Can't get enough of those Roots of Unity

$\displaystyle \sum_{k=1}^4 \frac{1}{1+\omega^k + \omega^{2k}} \\ \displaystyle = \frac{1}{1+\omega + \omega^2} + \frac{1}{1+\omega^2 + \omega^4} + \frac{1}{1+\omega^3 + \color{#3D99F6}{\omega^6}} + \frac{1}{1+\omega^4 + \color{#3D99F6}{\omega^8}} \quad \quad \small \color{#3D99F6} {[\omega^5 = 1]}\\ \displaystyle = \frac{1}{\color{#D61F06}{1+\omega + \omega^2}} + \frac{1}{\color{#D61F06}{1+\omega^2 + \omega^4}} + \frac{1}{\color{#D61F06}{1+\omega^3 + }\color{#3D99F6}{\omega}} + \frac{1}{\color{#D61F06}{1+\omega^4 +} \color{#3D99F6}{\omega^3}} \\ \displaystyle = \color{#D61F06}{-}\frac{1}{\color{#D61F06}{\omega^3 + \omega^4}} \color{#D61F06}{-} \frac{1}{\color{#D61F06}{\omega + \omega^3} } \color{#D61F06}{-} \frac{1}{\color{#D61F06}{\omega^2 + \omega^4}} \color{#D61F06}{-} \frac{1}{\color{#D61F06}{\omega + \omega^2}} \quad \quad \small \color{#D61F06}{ [1+\omega + \omega^2 +\omega^3 + \omega^4 = 0]} \\ \displaystyle = -\frac{1}{\omega^3(1 + \omega)} - \frac{1}{\omega(1 + \omega^2)} - \frac{1}{\omega^2(1 + \omega^2)} - \frac{1}{\omega(1 + \omega)} \\ \displaystyle = -\frac{\omega^2+\omega^4}{1 + \omega} - \frac{\omega^4+\omega^3}{1 + \omega^2} \\ \displaystyle = \frac{1+\omega+\omega^3}{1 + \omega} + \frac{1+\omega+\omega^2}{1 + \omega^2} \\ \displaystyle = 1 + \frac{\omega^3}{1 + \omega} + 1 + \frac{\omega}{1 + \omega^2} \\ \displaystyle = 2 + \frac{\omega^3(1 + \omega^2)+\omega(1 + \omega)}{(1 + \omega)(1 + \omega^2)} \\ \displaystyle = 2 + \frac{\omega^3 + \omega^5+\omega + \omega^2}{1 + \omega + \omega^2 + \omega^3} \\ = \boxed{3}$

This was really fun to solve. @Otto Bretscher , I don't know if you saw what I mentioned in my note yesterday, but your problem, one more of those , was a question in yesterday's paper and I solved it pretty quickly. Thank you!

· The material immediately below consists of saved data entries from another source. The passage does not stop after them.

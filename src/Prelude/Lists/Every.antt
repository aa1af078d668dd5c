-- ===== src/Prelude/Lists/Every.antt =====
-- Predicates that hold of every item of a list.
use mathlib.Core.Path.{◌≡◌, refl}
use mathlib.Core.Logic.{◌⊎◌, inl, inr}
use mathlib.Core.Bool.{Bool, true, false, ◌||◌}
use mathlib.Core.List.{List, [], ◌∷◌, ◌++◌, map}
use native.Mathlib.Omega.{arith}
use mec_measurements.Prelude.Tests.{if◌then◌else◌}
use mec_measurements.Prelude.Lists.Search.{any}
use mec_measurements.Prelude.Lists.Keyed.{upsert, remove_first}

-- Every item of the list satisfies the predicate.
abbrev pub All {ℓ κ} : {A : Type ℓ} → (A → Type κ) → List A → Type κ
All P [] = Unit
All P (x ∷ xs) = P x × All P xs

-- The item is one of the list's.
abbrev pub Among : {A : Type 0} → A → List A → Type 0
Among x [] = ⊥
Among x (y ∷ ys) = (x ≡ y) ⊎ Among x ys

module _ {ℓ κ} {A : Type ℓ} (P : A → Type κ) where
  pub All-append : (xs ys : List A) → All P xs → All P ys → All P (xs ++ ys)
  All-append [] ys hx hy = hy
  All-append (x ∷ xs) ys hx hy = (hx.0, All-append xs ys hx.1 hy)

  pub All-if : (b : Bool) (xs ys : List A) → All P xs → All P ys → All P (if b then xs else ys)
  All-if true xs ys hx hy = hx
  All-if false xs ys hx hy = hy

  pub All-upsert : (p : A → Bool) (v : A) (xs : List A) → P v → All P xs → All P (upsert p v xs)
  All-upsert p v [] hv h = (hv, tt)
  All-upsert p v (x ∷ xs) hv h =
      All-if (p x) (v ∷ xs) (x ∷ upsert p v xs) (hv, h.1) (h.0, All-upsert p v xs hv h.1)

  pub All-remove_first : (p : A → Bool) (xs : List A) → All P xs → All P (remove_first p xs)
  All-remove_first p [] h = h
  All-remove_first p (x ∷ xs) h =
      All-if (p x) xs (x ∷ remove_first p xs) h.1 (h.0, All-remove_first p xs h.1)

pub All-mono {ℓ κ μ} :
    {A : Type ℓ} (P : A → Type κ) (Q : A → Type μ)
    → ((x : A) → P x → Q x)
    → (xs : List A) → All P xs
    → All Q xs
All-mono P Q f [] h = tt
All-mono P Q f (x ∷ xs) h = (f x h.0, All-mono P Q f xs h.1)

-- Every item is one of the list's.
pub All-Among : {A : Type 0} (xs : List A) → All (λ x. Among x xs) xs
All-Among [] = tt
All-Among (x ∷ xs) =
    (inl refl, All-mono (λ y. Among y xs) (λ y. Among y (x ∷ xs)) (λ y h. inr h) xs (All-Among xs))

pub List-cases {ℓ} :
    {A : Type ℓ} (xs : List A) → (xs ≡ []) ⊎ ((x : A) × (rest : List A) × (xs ≡ x ∷ rest))
List-cases [] = inl refl
List-cases (x ∷ rest) = inr (x, rest, refl)

pub any-append {ℓ} :
    {A : Type ℓ} (p : A → Bool) (xs ys : List A) → any p (xs ++ ys) ≡ (any p xs || any p ys)
any-append p [] ys = refl
any-append p (x ∷ xs) ys = ground (arith, any-append p xs ys)

pub any-map {ℓ κ} :
    {A : Type ℓ} {B : Type κ} (p : B → Bool) (f : A → B) (xs : List A)
    → any p (map f xs) ≡ any (λ x. p (f x)) xs
any-map p f [] = refl
any-map p f (x ∷ xs) = ground (arith, any-map p f xs)
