-- ===== src/Bytes.antt =====
-- Python's byte strings as lists of numbers: what the messages between the parts are split by.
use Prim.Native.Char.{code}
use mec_measurements.Prelude.{
  ℕ, zero, suc, ◌≤◌, String, Bool, true, false, Option, none, some, List, [], ◌∷◌, ◌++◌, ◌≡◌, refl,
  length, eqb, any, ◌&&◌, if◌then◌else◌, arith, ap,
}

abbrev pub Bytes : Type 0
Bytes = List ℕ

-- The bytes of an ASCII text.
abbrev pub bytes : String → Bytes
bytes String.[] = []
bytes (String.◌∷◌ c s) = code c ∷ bytes s

unfoldable pub bytes_eq : Bytes → Bytes → Bool
bytes_eq [] [] = true
bytes_eq [] (b ∷ bs) = false
bytes_eq (a ∷ as') [] = false
bytes_eq (a ∷ as') (b ∷ bs) = eqb a b && bytes_eq as' bs

pub bytes_eq_refl : (bs : Bytes) → bytes_eq bs bs ≡ true
unfolding bytes_eq
bytes_eq_refl [] = refl
bytes_eq_refl (b ∷ bs) = ground (arith, bytes_eq_refl bs)

abbrev pub take : ℕ → Bytes → Bytes
take zero bs = []
take (suc n) [] = []
take (suc n) (b ∷ bs) = b ∷ take n bs

abbrev pub drop : ℕ → Bytes → Bytes
drop zero bs = bs
drop (suc n) [] = []
drop (suc n) (b ∷ bs) = drop n bs

pub take_all : (n : ℕ) (bs : Bytes) → length bs ≤ n → take n bs ≡ bs
take_all zero [] h = refl
take_all zero (b ∷ bs) h = absurd (omega arith)
take_all (suc n) [] h = refl
take_all (suc n) (b ∷ bs) h = ap (λ r. b ∷ r) (take_all n bs (omega arith))

-- No byte is `c`.
abbrev pub Lacks : ℕ → Bytes → Type 0
Lacks c bs = any (λ b. eqb b c) bs ≡ false

abbrev pub with_head : ℕ → Bytes × Option Bytes → Bytes × Option Bytes
with_head b (front, back) = (b ∷ front, back)

-- line.split(c, 1)
unfoldable pub split_first : ℕ → Bytes → Bytes × Option Bytes
split_first c [] = ([], none)
split_first c (b ∷ bs) =
    let rest = with_head b (split_first c bs) in if eqb b c then ([], some bs) else rest

pub split_first-append :
    (c : ℕ) (front back : Bytes)
    → Lacks c front
    → split_first c (front ++ c ∷ back) ≡ (front, some back)
unfolding split_first
split_first-append c [] back h = ground arith
split_first-append c (b ∷ front) back h = ground (arith, split_first-append c front back)

abbrev pub onto_head : ℕ → List Bytes → List Bytes
onto_head b [] = (b ∷ []) ∷ []
onto_head b (piece ∷ pieces) = (b ∷ piece) ∷ pieces

-- data.split(c)
unfoldable pub split : ℕ → Bytes → List Bytes
split c [] = [] ∷ []
split c (b ∷ bs) = let rest = split c bs in if eqb b c then [] ∷ rest else onto_head b rest

-- pieces[:-1]
unfoldable pub but_last : List Bytes → List Bytes
but_last [] = []
but_last (piece ∷ []) = []
but_last (piece ∷ next ∷ pieces) = piece ∷ but_last (next ∷ pieces)

pub split_lacking : (c : ℕ) (bs : Bytes) → Lacks c bs → split c bs ≡ bs ∷ []
unfolding split
split_lacking c [] h = refl
split_lacking c (b ∷ bs) h = ground (arith, split_lacking c bs)

pub split-append :
    (c : ℕ) (line rest : Bytes) → Lacks c line → split c (line ++ c ∷ rest) ≡ line ∷ split c rest
unfolding split
split-append c [] rest h = ground arith
split-append c (b ∷ line) rest h = ground (arith, split-append c line rest)

pub Lacks-take :
    (c n : ℕ) (bs rest : Bytes) → n ≤ length bs → Lacks c bs → Lacks c (take n (bs ++ rest))
Lacks-take c zero bs rest le h = refl
Lacks-take c (suc n) [] rest le h = absurd (omega arith)
Lacks-take c (suc n) (b ∷ bs) rest le h = ground (arith, Lacks-take c n bs rest)

pub Lacks-append :
    (c : ℕ) (front back : Bytes) → Lacks c front → Lacks c back → Lacks c (front ++ back)
Lacks-append c [] back h g = g
Lacks-append c (b ∷ front) back h g = ground (arith, Lacks-append c front back)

The solution to this problem is based on the repeated application of this identity:

$1+\omega+\omega^2+\omega^3+\omega^4=0.$

So

$1+\omega+\omega^2=- \omega^3 - \omega^4\\ 1+\omega^2+\omega^4=-\omega-\omega^3\\ 1+\omega^3+\omega^6=1+\omega^3+\omega=-\omega^2-\omega^4\\ 1+\omega^4+\omega^8=1+\omega^4+\omega^3=-\omega-\omega^2$

If you apply these identities, you should get:

$\frac { -1 }{ \omega ^{ 2 } } (\frac {1 }{ \omega (\omega+1) } +\frac{1}{(\omega^2+1)}) \\-\frac{1}{\omega}(\frac{1}{\omega^2+1}+\frac{1}{\omega+1}).\\$

Taking LCM and simplifying the numerator (again using the identities mentioned above) we get

$-\frac { \omega ^{ 2 }+\omega +2 }{ \omega (\omega +1)(\omega ^{ 2 }+1) } \\ -\frac { 1 }{ \omega ^{ 2 } } (\frac { \omega ^{ 2 }-\omega ^{ 3 }-\omega ^{ 4 } }{ \omega (\omega ^{ 2 }+1)(\omega +1) } ).\\ \text{ Note that }(\omega ^{ 2 }+1)(\omega +1)=-\omega ^{ 4 }.\\ \text{So the denominator gets simplified to -1 = }-\omega^4\times\omega$

Now we get:

$2+\omega+\omega^2+1-\omega-\omega^2=\boxed 3.$

In general, for $k$ non-negative integer, when $w=e^{\frac{2\pi i}{3k+2}}$ , that is, when $w$ is the "smallest-angle" non-trivial $(3k+2)\mbox{-}th$ root of unity, the result of the sum is $2k+1$ .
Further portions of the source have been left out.